In the harbour of Port Vila, a husband awaits scientific explanation of his wife's agonising end.

Doug Nash and Silvia Fink met and fell in love on a yacht. After their 2007 marriage, the Windcastle took them to the still-warm lava of the Galapagos Islands, to Tonga, where they met the Pacific's last king, and on to New Zealand, surviving a ''pasting'' on the famously rough crossing.

''She was just crew but she ended up staying five years,'' Nash says. ''We had a tremendously successful romance and developed a great partnership. Our goal was a complete circumnavigation, but that came to a screeching halt in August.''

Their boat now floats on a mooring in Port Vila harbour, Vanuatu, riding out the cyclone season. By the time it sets sail again, at least nine months will have passed since it was the scene of 56-year-old Silvia's sudden and mysterious death. In the meantime, her widower waits, and waits.

Nash's nightmare began after sailing from Vila to the island of Epi, 145 kilometres north, on an August day after the island's annual canoe-race festival. Lamen Bay was lively when they dropped anchor and Silvia spent an evening playing with village children, teaching them how to dance.

The following day, anchored in the bay, she took MMS - Miracle Mineral Solution, a compound she had bought from fellow sailors, a Belgian and a Californian, who had assured her it would ward off malaria in the Solomon Islands, Nash and Fink's next destination.

Nash, 77, is a retired NASA geologist, a man of science, sceptical about the claims on the bottle. But he stayed out of it, he says, because she was ''a grown and savvy woman''.

''It went bad from the beginning,'' he wrote to friends in the days afterwards. ''From almost the moment she drank the mixture of MMS with lime juice that she'd brewed up according to the instructions ... she began to be nauseated, and soon was vomiting and on the toilet having diarrhoea.

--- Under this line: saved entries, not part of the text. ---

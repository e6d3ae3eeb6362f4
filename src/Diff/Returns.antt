-- ===== src/Diff/Returns.antt =====
-- A run of `diff` of src/diff.rs that returns: its calls have succeeded.
use fast_rsync.Base.{
  suc, if◌then◌else◌, ◌≡◌, ap, Bytes, length, Bool-cases, inl, inr, ltb, Outcome, ok, err, panic,
  stuck, Write, IoResult, written, failed, from_io, map_err,
}
use fast_rsync.Delta.Vec.{vec_write}
use fast_rsync.Diff.{invalid_signature, diff_rounds, diff_fuel, diff}
use fast_rsync.Md4.{md4_size}
use fast_rsync.Patch.Prefix.{ok-injective}
use fast_rsync.Signature.{SignatureType}
use fast_rsync.Signature.Index.{IndexedSignature}

pub from_io-written :
    {E W F : Type 0} (f : E → F) (r : IoResult E W) (w : W) → from_io f r ≡ ok w → r ≡ written w
from_io-written f (written w') w e = ap written (ok-injective _ _ e)
from_io-written f (failed x) w e = cc

pub map_err-ok :
    {E F A : Type 0} (f : E → F) (m : Outcome E A) (a : A) → map_err f m ≡ ok a → m ≡ ok a
map_err-ok f (ok b) a e = ap ok (ok-injective _ _ e)
map_err-ok f (err x) a e = cc
map_err-ok f panic a e = cc
map_err-ok f stuck a e = cc

-- Where `diff` returns, the checks of the signature have passed.
module _ {E W : Type 0} ⦃writer : Write E W⦄ (sig : IndexedSignature) (input : Bytes)
    (w w' : W) where
  by_type :
      (t : SignatureType)
      → elim t [
        | SignatureType.md4 ↦
            if ltb md4_size sig.crypto_hash_size
            then err invalid_signature
            else diff_rounds {E = E} (suc (length input)) sig input w
        | SignatureType.blake2 ↦ err invalid_signature
      ]
        ≡ ok w'
      → diff_rounds {E = E} (suc (length input)) sig input w ≡ ok w'
  by_type SignatureType.blake2 e = cc
  by_type SignatureType.md4 e = elim (Bool-cases (ltb md4_size sig.crypto_hash_size)) [
    | inl t ↦ let e' = rw t at e in cc
    | inr f ↦ rw f at e
  ]

  pub diff-diff_rounds :
      diff {E = E} sig input w ≡ ok w'
      → diff_rounds {E = E} (suc (length input)) sig input w ≡ ok w'
  unfolding diff diff_fuel
  diff-diff_rounds e = by_type sig.signature_type e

''But she thought, because the literature that came with the MMS kit emphasised that these were normal symptoms, that one just had to grin and bear it when first using the substance. How wrong we were. It turned into torture the whole day, with her getting gradually worse and worse, having incredible abdominal pains, then urinary pains.

''I'd been helping her all day, bathing her, emptying the bucket, comforting her, trying to get liquids down her, all to no avail because she could not keep anything down. Eventually, about the time it was getting dark, she started having feelings that she was going to faint. That's when I became fully alarmed. I got on the VHF radio and called for assistance.

''At that moment she suddenly went into a coma. Then I put out another radio call, this time an emergency one for immediate medical help. Fellow cruisers rushed to our boat within minutes to aid me, and for over an hour we conducted emergency CPR and administered oxygen but it, and an adrenaline shot administered by a physician who finally arrived from the village, failed to revive her.

''And she died on Windcastle around 9pm, just 12 hours after she'd taken that fatal drink of MMS.''

Both married before, Nash and Fink met after he advertised for crew in San Diego in 2004. ''I miss her immensely. Windcastle is empty without her presence.''

Vanuatu, a volcanic archipelago supporting 240,000 inhabitants on a latitude with Cape York, looks like paradise to outsiders who dive and sail its turquoise waters. But the death of this vivacious Mexican exposed the full catastrophe of petty island bureaucracy and under-resourcing that bedevils the place.

The 80-odd islands James Cook named the New Hebrides in 1774 have become a purgatory for Nash in the months since August, as he waits and waits for an explanation of what happened. He chartered a plane to fly Fink's body back to Port Vila and reported her death immediately to police, but a three-week investigation appears to have produced nothing.

Despite assistance from two of 10 Australian Federal Police officers stationed in Vanuatu, Nash says local police told him they did not even interview the sailors who sold Fink the MMS and who are still in Vanuatu. They have enlisted the product's creator to defend them in the court of internet opinion.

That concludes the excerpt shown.